Через какое-то время к институту подбегает человек тридцать матросов, все навеселе и с ремнями в руках. Дежурных у входа смели, ворвались в портретную галерею и начали охаживать бляхами танцующих парней. Конечно, тут переполох, ругань, визг девчонок. Оказать достойное сопротивление мы не могли, не было под рукой, чем обороняться. Хоть и стыдно было перед девчонками, но пришлось отступать на лестничные площадки ко второму этажу. Когда перепадает бляхой по телу, то это очень чувствительно, даже через пиджак. Да и много было матросов, где против такой организованной массы устоять.

Но тут случилось непредвиденное. Кто-то из нападавших или оборонявшихся кинул в противников пустую бутылку, и та попала в большой портрет Сталина, висевший под стеклом в конце галереи. Стекло разбилось, и тут крик: «Ах, вы Сталина!» Хоть и под мухой были матросы, но тут быстренько сообразили, что дело пахнет керосином, и моментально ретировались. С портретом Сталина были шутки плохи.

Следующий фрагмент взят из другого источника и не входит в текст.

-- ===== src/TeamClient/Tests.antt =====
-- Runs of the client against the controller of Examples.antt.
use ssl_ros_bridge.Prelude.{
  Bool, Call, ℕ, zero, suc, ◌+◌, ◌≡◌, refl, ◌⊎◌, ◌↔◌, true, false, Option, some, [], ◌∷◌, ◌++◌,
  arith, returned, threw, ◌<◌, inl, ◌≢◌,
}
use ssl_ros_bridge.TeamClient.Messages.{
  ControllerToTeam, ControllerReply, Team, auto_color, registration,
}
use ssl_ros_bridge.TeamClient.Wait.{wait_for_reply, timeout_ns}
use ssl_ros_bridge.TeamClient.Wait.Loop.{IsQuiet, Ends, wait_for_reply-total, wait_for_reply_first}
use ssl_ros_bridge.TeamClient.Client.Effect.{Names, GoesOnWith, connect_effect}
use ssl_ros_bridge.TeamClient.Client.Ends.{connect_ends}
use ssl_ros_bridge.TeamClient.Client.{TeamClient, connects, new_client, connect}
use ssl_ros_bridge.TeamClient.Client.Connect.{Accepts, IsConsistent, connect_state, connect_iff}
use ssl_ros_bridge.TeamClient.Examples.{
  parse_ok, poll, answer, environment, parameters, connected, waits, connects_ok,
}

wait_for_reply-total_example :
    (reply : Option ControllerToTeam) × (wait_for_reply parse_ok 12 answer ≡ some reply)
wait_for_reply-total_example =
    wait_for_reply-total parse_ok 12 100_000_000 answer (omega arith) (λ j. omega arith)
      (omega arith)

first-IsQuiet : (j : ℕ) → j < 1 → IsQuiet parse_ok (0 + timeout_ns) (poll (0 + j))
first-IsQuiet zero h = (omega arith, λ e. absurd (ground arith), refl)
first-IsQuiet (suc j) h = absurd (omega arith)

second-Ends : Ends parse_ok (0 + timeout_ns) (poll (0 + 1)) (parse_ok [])
second-Ends =
    inl (omega arith, λ e. absurd (ground arith), omega arith, λ e. absurd (ground arith), refl)

wait_for_reply_first_example : wait_for_reply parse_ok 12 answer ≡ some (parse_ok [])
wait_for_reply_first_example =
    wait_for_reply_first parse_ok 1 12 answer (parse_ok []) first-IsQuiet second-Ends (omega arith)

connect_state_example :
    IsConsistent connected
    × (returned true ≡ returned true ⊎ (returned true ≡ threw) × (true ≡ false))
    × (connected.endpoints ≡ (new_client {Address = ℕ}).endpoints ++ ((7, 10008) ∷ []))
connect_state_example = connect_state parse_ok 12 environment parameters new_client connects_ok

connect_iff_example : (returned true ≡ returned true) ↔ (
    (environment.answer ≡ connects) × (true ≡ true) × Accepts (parse_ok []) × Accepts (parse_ok []))
connect_iff_example =
    connect_iff parse_ok 12 environment parameters new_client waits waits connects_ok

abbrev came_back : Option ControllerToTeam
came_back = parse_ok []

connect_effect_example :
    ((reply : ControllerReply) × (environment.answer ≡ connects)
      × (came_back ≡ some (record { controller_reply = some reply }))
      × Accepts came_back
      × GoesOnWith reply "" connected.next_token
      × (((true ≡ true)
            × (team : Option Team) × Names auto_color team
            × (connected.sent
                ≡ [] ++ (registration (record { team_name = "Test Team"; team = team }) ∷ [])))
          ⊎ ((true ≡ false) × (returned true ≡ threw) × (connected.sent ≡ []))))
    ⊎ (((environment.answer ≢ connects) ⊎ (Accepts came_back → ⊥))
        × (returned true ≡ returned false)
        × (connected.next_token ≡ "")
        × (connected.sent ≡ []))
connect_effect_example =
    connect_effect parse_ok 12 environment parameters new_client waits connects_ok

connect_ends_example :
    (greeting : Option ControllerToTeam) × (reply : Option ControllerToTeam) × (call : Call Bool)
    × (c' : TeamClient ℕ) × (wait_for_reply parse_ok 12 environment.greeting ≡ some greeting)
    × (wait_for_reply parse_ok 12 environment.exchange.wait ≡ some reply)
    × (connect parse_ok 12 environment parameters new_client ≡ some (call, c'))
    × ((call ≡ returned true)
        ↔ ((environment.answer ≡ connects) × (true ≡ true) × Accepts greeting × Accepts reply))
connect_ends_example =
    connect_ends parse_ok 12 environment parameters new_client (λ j. omega arith) (λ j. omega arith)
      (omega arith)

Оказывается, к нам наведались матросы с подводной лодки, которая стояла на причале у берега Невы, близ Горного института. Б тот день был какой-то праздник, и по этому поводу матросы поднабрались. А тут недалеко от лодки музыка и танцы — как не зарулить туда. Двое наиболее шустрых и прорвались, но когда их обидели, то все остальные дружно за них вступились.

Назавтра в комитете комсомола и у директора института состоялись жаркие дебаты, подавать куда следует жалобу на матросов пли нет. Очень хотелось некоторым студиусам наказать матросов за синяки и шишки. Но нашлись умные головы, которые посоветовали конфликт не раздувать. Он легко мог перерасти в политический, а тогда последствия могли быть непредсказуемыми. Так дело и замяли, здравый смысл возобладал. Стекло на портрете сменили па следующий же день.

 

БАЛЬНЫЕ ТАНЦЫ

В начале 50-х годов прошлого века в нашей стране разворачивалась борьба с «тлетворным влиянием Запада» в разных сферах общественной жизни. Особенно беспокоило наших идеологических вождей «тлетворное влияние» запада на молодежь. Конечно, не в области общественных наук, тут молодежь нетрудно было держать в рамках существующих доктрин марксистко-ленинской философии и социалистического реализма в литературе. Шаг вправо, шаг влево от этих доктрин был заметен сразу и неуклонно карался.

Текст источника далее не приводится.